Soybean gall midge has been identified in Nebraska fields as far back as 2011, but it hasn't always been considered a major pest.

"Prior to 2018, this insect was a minor issue and annoyance for growers," says Justin McMechan, Nebraska Extension cropping systems and crop protection specialist.  "It would show up in a field that had injury — historically, it had a hail event or disease or something, and you'd find it late in the season. All the way back to 2011, there was really no reason to study it. And then in 2018, it swept 60-some-odd [counties] and killed plants early in the season."

Early in the 2018 season, growers began finding dead soybean plants, and orange larvae feeding on and killing off tissue inside the stem. As of 2019, the gall midge had been identified in 92 counties, including in Nebraska, Missouri, Iowa, Minnesota and South Dakota. Since 2018, however, McMechan and his colleagues have ramped up research on soybean gall midge.

In 2018, researchers in Nebraska captured the first adult soybean gall midge, allowing them to confirm it as a new species of gall midge, Resseliella maxima Gagne.

In 2019, University of Nebraska-Lincoln researchers used cage traps at 27 sites in four states to learn about the gall midge's emergence patterns.

"It wasn't until June that this midge began emerging and at very low levels, but it came from last year's soybean fields," McMechan says. "If you have a soybean field that has had issues this past year, gall midge is going to come from there in 2020."

Depending on the site, adult midges emerged for a 10- to 23-day period. And, including the overwintering generation from the previous year, three generations can emerge in a single season. Because of the insect's long and overlapping emergence, and because larvae feed on the inside of the plant and the adults don't feed on plant tissue, it's difficult to control with insecticide.

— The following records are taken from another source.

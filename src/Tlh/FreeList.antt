-- ===== src/Tlh/FreeList.antt =====
-- The free list of a slab is a stack of blocks whose links are masked.
use lzmalloc.Base.{
  ℕ, ◌<◌, ◌≡◌, ◌≢◌, refl, sym, subst, ap, ◌∙◌, arith, List, [], ◌∷◌, mem, false, ◌==◌, update,
  update_self,
}
use lzmalloc.Memory.{World}
use lzmalloc.Security.{ptr_obfuscate}
use lzmalloc.Security.Laws.{ptr_obfuscate_twice}
use lzmalloc.Tlh.{pop_node, push_node}
use lzmalloc.Word.{word_mod}

-- the blocks from `p` on, under the secret: each link, unmasked at its own address, is the next block
unfoldable pub Masked : ℕ → (ℕ → ℕ) → ℕ → List ℕ → Type 0
Masked secret nodes p [] = p ≡ 0
Masked secret nodes p (x ∷ xs) =
    (p ≡ x)
    × (x ≢ 0)
    × (x < word_mod)
    × (mem x xs ≡ false)
    × Masked secret nodes (ptr_obfuscate secret (nodes x) x) xs

-- the free list of the slab at `slab`
abbrev pub FreeList : World → ℕ → List ℕ → Type 0
FreeList w slab xs = Masked w.secret w.nodes (w.slabs slab).free_list_head xs

-- a write to a node that is not on the list
Masked-frame :
    (secret : ℕ) (nodes : ℕ → ℕ) (a v p : ℕ) (xs : List ℕ)
    → mem a xs ≡ false
    → Masked secret nodes p xs
    → Masked secret (update nodes a v) p xs
unfolding Masked
Masked-frame secret nodes a v p [] h m = m
Masked-frame secret nodes a v p (x ∷ xs) h (e, nz, lt, fresh, rest) =
    let off : (a == x) ≡ false = ground (arith, h) in
    let off_rest : mem a xs ≡ false = ground (arith, h) in
    let same : update nodes a v x ≡ nodes x = rw off refl in
    (
      e,
      nz,
      lt,
      fresh,
      subst (λ t. Masked secret (update nodes a v) (ptr_obfuscate secret t x) xs) (sym same)
          (Masked-frame secret nodes a v (ptr_obfuscate secret (nodes x) x) xs off_rest rest),
    )

Masked-head_lt :
    (secret : ℕ) (nodes : ℕ → ℕ) (p : ℕ) (xs : List ℕ) → Masked secret nodes p xs → p < word_mod
unfolding Masked
Masked-head_lt secret nodes p [] e = omega (arith, e)
Masked-head_lt secret nodes p (x ∷ xs) (e, nz, lt, fresh, rest) = omega (arith, e)

-- Freeing a block that is not on the slab's free list pushes it on that list.
pub push_node-FreeList :
    (slab node : ℕ) (w : World) (xs : List ℕ)
    → w.secret < word_mod
    → node ≢ 0
    → node < word_mod
    → mem node xs ≡ false
    → FreeList w slab xs
    → FreeList (push_node slab node w) slab (node ∷ xs)
unfolding push_node Masked
push_node-FreeList slab node w xs hs nz lt fresh m =
    let head = (w.slabs slab).free_list_head in
    let stored = ptr_obfuscate w.secret head node in
    let read : ptr_obfuscate w.secret (update w.nodes node stored node) node ≡ head =
      ap (λ t. ptr_obfuscate w.secret t node) (update_self w.nodes node stored)
      ∙ ptr_obfuscate_twice w.secret head node hs (Masked-head_lt w.secret w.nodes head xs m) lt in
    (
      ap (λ s. s.free_list_head) (update_self w.slabs slab _),
      nz,
      lt,
      fresh,
      subst (λ t. Masked w.secret (update w.nodes node stored) t xs) (sym read)
          (Masked-frame w.secret w.nodes node stored head xs fresh m),
    )

-- Allocating from a free list that is not empty gives the block that was freed last, which is then
-- off the list.
pub pop_node-FreeList :
    (slab x : ℕ) (w : World) (xs : List ℕ)
    → FreeList w slab (x ∷ xs)
    → ((pop_node slab w).0 ≡ x) × FreeList (pop_node slab w).1 slab xs
unfolding pop_node Masked
pop_node-FreeList slab x w xs (e, nz, lt, fresh, rest) =
    let unmasked = λ (t : ℕ). ptr_obfuscate w.secret (w.nodes t) t in
    (
      e,
      subst (λ t. Masked w.secret w.nodes t xs)
          (sym (ap (λ s. s.free_list_head) (update_self w.slabs slab _) ∙ ap unmasked e)) rest,
    )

However, McMechan encourages growers to look at these findings with some skepticism — these cage traps have a small footprint covering about a 1-by-2-foot area, and with one year's worth of data, that may not paint the most accurate picture of the midge's emergence.

In 2019, he also used time-lapse cameras to monitor plant development and how it affects the gall midge's infestation and emergence patterns. And it appears the midges begin infesting plants at the base of the stem around the V2 or V3 stage.

"As you get further into the vegetative stage, you'll start to see these little expansion points [on the stem] where things spread apart, and there are these little cracks forming," McMechan says. "It appears from time lapse that soybean gall midge is using that to lay eggs into those natural openings that are occurring as a result of stem expansion."

Recent Nebraska research suggests possible alternative hosts for the gall midge. In 2019, UNL doctor of plant health student Amy Hauver surveyed hosts surrounding fields where adults were captured in cage traps. And after submitting samples to colleagues who conducted DNA analyses of the insects on these plants, she identified sweet clover and alfalfa as hosts — although these plants weren't being killed by the gall midge.

"They're probably just background populations, but if you're in an area where soybean gall midge is not hitting soybean fields and you're not seeing injury, you might want to look at those hosts," McMechan says. "[Growers] will find black spots on those hosts. They'll find them much higher on the plant, in some cases up to 2 feet off the ground."

In 2019, Robert Koch, University of Minnesota associate professor and Extension entomologist, identified a separate, similar-looking species, Karshomyia caulicola, or white mold gall midge. This midge, which is not harmful to soybeans, feeds solely on white mold. However, McMechan says its appearance may cause problems with misidentification.

In addition, researchers in Minnesota and Nebraska have identified a possible parasitoid that feeds on the gall midge — and while it was identified in Minnesota and not Nebraska, it may serve as a biological control method.

DNA extractions on soybean gall midge larvae led to the identification of a possible parasitoid. While the species cannot yet be narrowed down, McMechan notes UNL researchers found an equal match to two different species. Robert Koch and Bruce Potter, University of Minnesota Extension entomologists, will be looking into this more in 2020.

"It should be exciting for everybody to know there might be something out there that's feeding on soybean gall midge," McMechan says. "Those samples will go back to Minnesota, and we have some excellent scientists in Minnesota that will dissect the soybean gall midge larvae and see if they can find those parasitoids inside."

Of course, moving forward, the overall goal is determining options for control.

"Adult emergence was a big topic for us; it is the underlying thing that we use for all of our management studies," McMechan  says. "We need to know we have activity and how long we have it. But there are lots of questions about larval movement and the timing of when an insecticide is made and planting date. A lot is happening really, really quickly, which is good, but we also need to pay attention to the quality of those studies so we answer some questions and generate new ones."